### WHAT TO PRODUCE
Copy every record exactly. Nothing may be skipped.

Stored data:
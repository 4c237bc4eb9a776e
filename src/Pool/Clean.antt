-- ===== src/Pool/Clean.antt =====
-- No user of a pool sees what another one left in an object, as long as each keeps to the objects that
-- he holds.
use gometrics.Prelude.{
  ℕ, suc, ◌<◌, Bool, true, false, Option, none, some, List, [], ◌∷◌, ◌≡◌, refl, subst, sym, arith,
  Bool-cases, inl, inr,
}
use gometrics.Pool.{
  Address, Pool, Action, put_object, get_object, write_object, make_object, vanish, System, new,
  get, put, act, run, without, taken, set_at, allocate, make_new, get_found, start, hold, hold,
  start,
}
use gometrics.Pool.Owners.{
  set_at-same, set_at-other, without-All, taken-All, without-Distinct, taken-Apart, IsAllowed,
  AllAllowed, MakesClean, Free, IsValid, IsClean, held-Apart, next-Apart, still-Free, used-set_at,
}

irrefl : {n : ℕ} → ¬ (n < n)
irrefl = omega arith

module _ {T : Type 0} (Clean : T → Type 0) where
  abbrev with_pool : Pool T → (Address → Bool) → System T
  with_pool p held = record { pool = p; held = held }

  -- a new object, which its maker holds
  allocate-IsValid :
      (v : T) (s : System T)
      → IsValid Clean s
      → IsValid Clean (with_pool (allocate v s.pool) (set_at s.pool.next true s.held))
  unfolding allocate
  allocate-IsValid v s h = record {
    free =
        still-Free Clean s (with_pool (allocate v s.pool) (set_at s.pool.next true s.held))
          s.pool.next s.pool.items h.free (next-Apart Clean s _ h.free)
          (λ x e. set_at-other s.pool.next x true s.held e)
          (λ x e. set_at-other s.pool.next x v s.pool.contents e) (omega arith);
    distinct = h.distinct;
    used =
        used-set_at Clean s.held s.pool.next (suc s.pool.next) s.pool.next true h.used (omega arith)
          (omega arith);
    makes = h.makes;
  }

  -- an item that is taken out
  taken-IsValid :
      (i : ℕ) (a : Address) (s : System T)
      → IsValid Clean s
      → taken i s.pool.items ≡ some a
      → IsValid Clean
          (with_pool (record s.pool { items = without i s.pool.items }) (set_at a true s.held))
  taken-IsValid i a s h e =
      let (free, lt, c) = taken-All (Free Clean s) i s.pool.items a h.free e in
      record {
        free =
            still-Free Clean s
              (with_pool (record s.pool { items = without i s.pool.items }) (set_at a true s.held))
              a _ (without-All (Free Clean s) i _ h.free) (taken-Apart i _ a h.distinct e)
              (λ x e. set_at-other a x true s.held e) (λ x e. refl) (omega arith);
        distinct = without-Distinct i _ h.distinct;
        used = used-set_at Clean s.held s.pool.next s.pool.next a true h.used (omega arith) lt;
        makes = h.makes;
      }

  abbrev after_get : System T → Option Address × Pool T → System T
  after_get s (o, p) = with_pool p (hold o true s.held)

  -- a clean object that nobody held, or nil, and a valid system
  abbrev IsGot : System T → Option Address × Pool T → Type 0
  IsGot s r = IsClean Clean s r × IsValid Clean (after_get s r)

  next-unheld : (s : System T) → IsValid Clean s → s.held s.pool.next ≡ false
  next-unheld s h = elim (Bool-cases (s.held s.pool.next)) [
    | inl held ↦ let lt : s.pool.next < s.pool.next = h.used _ held in elim (irrefl lt) [ ]
    | inr free ↦ free
  ]

  make_new-IsGot :
      (o : Option T) (s : System T)
      → IsValid Clean s
      → s.pool.fresh ≡ o
      → IsGot s (make_new o s.pool)
  unfolding make_new allocate
  make_new-IsGot none s h e = (e, h)
  make_new-IsGot (some v) s h e = (
    (
      subst Clean (sym (set_at-same s.pool.next v s.pool.contents))
          (subst (MakesClean Clean) e h.makes),
      next-unheld s h,
    ),
    allocate-IsValid v s h,
  )

  get_found-IsGot :
      (i : ℕ) (o : Option Address) (s : System T)
      → IsValid Clean s
      → taken i s.pool.items ≡ o
      → IsGot s (get_found i o s.pool)
  unfolding get_found
  get_found-IsGot i none s h e = make_new-IsGot s.pool.fresh s h refl
  get_found-IsGot i (some a) s h e =
      let (free, lt, c) = taken-All (Free Clean s) i s.pool.items a h.free e in
      ((c, free), taken-IsValid i a s h e)

  get-IsGot : (choice : Option ℕ) (s : System T) → IsValid Clean s → IsGot s (get choice s.pool)
  unfolding get
  get-IsGot none s h = make_new-IsGot s.pool.fresh s h refl
  get-IsGot (some i) s h = get_found-IsGot i (taken i s.pool.items) s h refl

  module _ (reset : T → T) (resets : (v : T) → Clean (reset v)) where
    put-IsValid :
        (o : Option Address) (s : System T)
        → IsValid Clean s
        → IsAllowed Clean (put_object o) s
        → IsValid Clean (with_pool (put reset o s.pool) (hold o false s.held))
    unfolding put
    put-IsValid none s h mine = h
    put-IsValid (some a) s h mine =
        let apart = held-Apart Clean s a _ mine h.free in
        let v = reset (s.pool.contents a) in
        record {
          free = (
            (
              set_at-same a false s.held,
              h.used a mine,
              subst Clean (sym (set_at-same a v s.pool.contents)) (resets _),
            ),
            still-Free Clean s (with_pool (put reset (some a) s.pool) (set_at a false s.held)) a _
                h.free apart (λ x e. set_at-other a x false s.held e)
                (λ x e. set_at-other a x v s.pool.contents e) (omega arith),
          );
          distinct = (apart, h.distinct);
          used =
              used-set_at Clean s.held s.pool.next s.pool.next a false h.used (omega arith)
                (h.used a mine);
          makes = h.makes;
        }

    act-IsValid :
        (a : Action T) (s : System T)
        → IsValid Clean s
        → IsAllowed Clean a s
        → IsValid Clean (act reset a s)
    unfolding act
    act-IsValid (put_object o) s h ok = put-IsValid o s h ok
    act-IsValid (get_object choice) s h ok = (get-IsGot choice s h).1
    act-IsValid (write_object a v) s h ok = record {
      free =
          still-Free Clean s (act reset (write_object a v) s) a _ h.free
            (held-Apart Clean s a _ ok h.free) (λ x e. refl)
            (λ x e. set_at-other a x v s.pool.contents e) (omega arith);
      distinct = h.distinct;
      used = h.used;
      makes = h.makes;
    }
    act-IsValid (make_object v) s h ok = allocate-IsValid v s h
    act-IsValid (vanish i) s h ok = record {
      free = without-All (Free Clean s) i _ h.free;
      distinct = without-Distinct i _ h.distinct;
      used = h.used;
      makes = h.makes;
    }

    run-IsValid :
        (schedule : List (Action T)) (s : System T)
        → IsValid Clean s
        → AllAllowed Clean reset schedule s
        → IsValid Clean (run reset schedule s)
    unfolding run
    run-IsValid [] s h ok = h
    run-IsValid (a ∷ schedule) s h (ok, oks) =
        run-IsValid schedule (act reset a s) (act-IsValid a s h ok) oks

    -- Users put objects in, take them out, make some by themselves and write to them in any order, and
    -- keep to this: they put in and write to only what they hold, and give up what they put in. Then,
    -- whichever object the pool picks: if `Reset` leaves every object clean, and so is the one that
    -- the pool makes, `Get` returns a clean object that nobody else holds, or nil, only where the pool
    -- makes none.
    pub get-IsClean :
        (fresh : Option T) (contents : Address → T) (schedule : List (Action T)) (choice : Option ℕ)
        → MakesClean Clean fresh
        → AllAllowed Clean reset schedule (start fresh contents)
        → let s = run reset schedule (start fresh contents) in IsClean Clean s (get choice s.pool)
    unfolding new
    get-IsClean fresh contents schedule choice makes ok =
        (get-IsGot choice _ (run-IsValid schedule (start fresh contents) valid ok)).0
      where
        valid : IsValid Clean (start fresh contents)
        valid = record { free = tt; distinct = tt; used = λ a e. cc e; makes = makes }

### RESPONSE BELOW
repository 4c237bc4eb9a776e
filename src/Pool/Clean.antt
-- ===== src/Pool/Clean.antt =====
-- No user of a pool sees what another one left in an object, as long as each keeps to the objects that
-- he holds.
use gometrics.Prelude.{
  ℕ, suc, ◌<◌, Bool, true, false, Option, none, some, List, [], ◌∷◌, ◌≡◌, refl, subst, sym, arith,
  Bool-cases, inl, inr,
}
use gometrics.Pool.{
  Address, Pool, Action, put_object, get_object, write_object, make_object, vanish, System, new,
  get, put, act, run, without, taken, set_at, allocate, make_new, get_found, start, hold, hold,
  start,
}
use gometrics.Pool.Owners.{
  set_at-same, set_at-other, without-All, taken-All, without-Distinct, taken-Apart, IsAllowed,
  AllAllowed, MakesClean, Free, IsValid, IsClean, held-Apart, next-Apart, still-Free, used-set_at,
}

irrefl : {n : ℕ} → ¬ (n < n)
irrefl = omega arith

module _ {T : Type 0} (Clean : T → Type 0) where
  abbrev with_pool : Pool T → (Address → Bool) → System T
  with_pool p held = record { pool = p; held = held }

  -- a new object, which its maker holds
  allocate-IsValid :
      (v : T) (s : System T)
      → IsValid Clean s
      → IsValid Clean (with_pool (allocate v s.pool) (set_at s.pool.next true s.held))
  unfolding allocate
  allocate-IsValid v s h = record {
    free =
        still-Free Clean s (with_pool (allocate v s.pool) (set_at s.pool.next true s.held))
          s.pool.next s.pool.items h.free (next-Apart Clean s _ h.free)
          (λ x e. set_at-other s.pool.next x true s.held e)
          (λ x e. set_at-other s.pool.next x v s.pool.contents e) (omega arith);
    distinct = h.distinct;
    used =
        used-set_at Clean s.held s.pool.next (suc s.pool.next) s.pool.next true h.used (omega arith)
          (omega arith);
    makes = h.makes;
  }

  -- an item that is taken out
  taken-IsValid :
      (i : ℕ) (a : Address) (s : System T)
      → IsValid Clean s
      → taken i s.pool.items ≡ some a
      → IsValid Clean
          (with_pool (record s.pool { items = without i s.pool.items }) (set_at a true s.held))
  taken-IsValid i a s h e =
      let (free, lt, c) = taken-All (Free Clean s) i s.pool.items a h.free e in
      record {
        free =
            still-Free Clean s
              (with_pool (record s.pool { items = without i s.pool.items }) (set_at a true s.held))
              a _ (without-All (Free Clean s) i _ h.free) (taken-Apart i _ a h.distinct e)
              (λ x e. set_at-other a x true s.held e) (λ x e. refl) (omega arith);
        distinct = without-Distinct i _ h.distinct;
        used = used-set_at Clean s.held s.pool.next s.pool.next a true h.used (omega arith) lt;
        makes = h.makes;
      }

  abbrev after_get : System T → Option Address × Pool T → System T
  after_get s (o, p) = with_pool p (hold o true s.held)

  -- a clean object that nobody held, or nil, and a valid system
  abbrev IsGot : System T → Option Address × Pool T → Type 0
  IsGot s r = IsClean Clean s r × IsValid Clean (after_get s r)

  next-unheld : (s : System T) → IsValid Clean s → s.held s.pool.next ≡ false
  next-unheld s h = elim (Bool-cases (s.held s.pool.next)) [
    | inl held ↦ let lt : s.pool.next < s.pool.next = h.used _ held in elim (irrefl lt) [ ]
    | inr free ↦ free
  ]

  make_new-IsGot :
      (o : Option T) (s : System T)
      → IsValid Clean s
      → s.pool.fresh ≡ o
      → IsGot s (make_new o s.pool)
  unfolding make_new allocate
  make_new-IsGot none s h e = (e, h)
  make_new-IsGot (some v) s h e = (
    (
      subst Clean (sym (set_at-same s.pool.next v s.pool.contents))
          (subst (MakesClean Clean) e h.makes),
      next-unheld s h,
    ),
    allocate-IsValid v s h,
  )

  get_found-IsGot :
      (i : ℕ) (o : Option Address) (s : System T)
      → IsValid Clean s
      → taken i s.pool.items ≡ o
      → IsGot s (get_found i o s.pool)
  unfolding get_found
  get_found-IsGot i none s h e = make_new-IsGot s.pool.fresh s h refl
  get_found-IsGot i (some a) s h e =
      let (free, lt, c) = taken-All (Free Clean s) i s.pool.items a h.free e in
      ((c, free), taken-IsValid i a s h e)

  get-IsGot : (choice : Option ℕ) (s : System T) → IsValid Clean s → IsGot s (get choice s.pool)
  unfolding get
  get-IsGot none s h = make_new-IsGot s.pool.fresh s h refl
  get-IsGot (some i) s h = get_found-IsGot i (taken i s.pool.items) s h refl

  module _ (reset : T → T) (resets : (v : T) → Clean (reset v)) where
    put-IsValid :
        (o : Option Address) (s : System T)
        → IsValid Clean s
        → IsAllowed Clean (put_object o) s
        → IsValid Clean (with_pool (put reset o s.pool) (hold o false s.held))
    unfolding put
    put-IsValid none s h mine = h
    put-IsValid (some a) s h mine =
        let apart = held-Apart Clean s a _ mine h.free in
        let v = reset (s.pool.contents a) in
        record {
          free = (
            (
              set_at-same a false s.held,
              h.used a mine,
              subst Clean (sym (set_at-same a v s.pool.contents)) (resets _),
            ),
            still-Free Clean s (with_pool (put reset (some a) s.pool) (set_at a false s.held)) a _
                h.free apart (λ x e. set_at-other a x false s.held e)
                (λ x e. set_at-other a x v s.pool.contents e) (omega arith),
          );
          distinct = (apart, h.distinct);
          used =
              used-set_at Clean s.held s.pool.next s.pool.next a false h.used (omega arith)
                (h.used a mine);
          makes = h.makes;
        }

    act-IsValid :
        (a : Action T) (s : System T)
        → IsValid Clean s
        → IsAllowed Clean a s
        → IsValid Clean (act reset a s)
    unfolding act
    act-IsValid (put_object o) s h ok = put-IsValid o s h ok
    act-IsValid (get_object choice) s h ok = (get-IsGot choice s h).1
    act-IsValid (write_object a v) s h ok = record {
      free =
          still-Free Clean s (act reset (write_object a v) s) a _ h.free
            (held-Apart Clean s a _ ok h.free) (λ x e. refl)
            (λ x e. set_at-other a x v s.pool.contents e) (omega arith);
      distinct = h.distinct;
      used = h.used;
      makes = h.makes;
    }
    act-IsValid (make_object v) s h ok = allocate-IsValid v s h
    act-IsValid (vanish i) s h ok = record {
      free = without-All (Free Clean s) i _ h.free;
      distinct = without-Distinct i _ h.distinct;
      used = h.used;
      makes = h.makes;
    }

    run-IsValid :
        (schedule : List (Action T)) (s : System T)
        → IsValid Clean s
        → AllAllowed Clean reset schedule s
        → IsValid Clean (run reset schedule s)
    unfolding run
    run-IsValid [] s h ok = h
    run-IsValid (a ∷ schedule) s h (ok, oks) =
        run-IsValid schedule (act reset a s) (act-IsValid a s h ok) oks

    -- Users put objects in, take them out, make some by themselves and write to them in any order, and
    -- keep to this: they put in and write to only what they hold, and give up what they put in. Then,
    -- whichever object the pool picks: if `Reset` leaves every object clean, and so is the one that
    -- the pool makes, `Get` returns a clean object that nobody else holds, or nil, only where the pool
    -- makes none.
    pub get-IsClean :
        (fresh : Option T) (contents : Address → T) (schedule : List (Action T)) (choice : Option ℕ)
        → MakesClean Clean fresh
        → AllAllowed Clean reset schedule (start fresh contents)
        → let s = run reset schedule (start fresh contents) in IsClean Clean s (get choice s.pool)
    unfolding new
    get-IsClean fresh contents schedule choice makes ok =
        (get-IsGot choice _ (run-IsValid schedule (start fresh contents) valid ok)).0
      where
        valid : IsValid Clean (start fresh contents)
        valid = record { free = tt; distinct = tt; used = λ a e. cc e; makes = makes }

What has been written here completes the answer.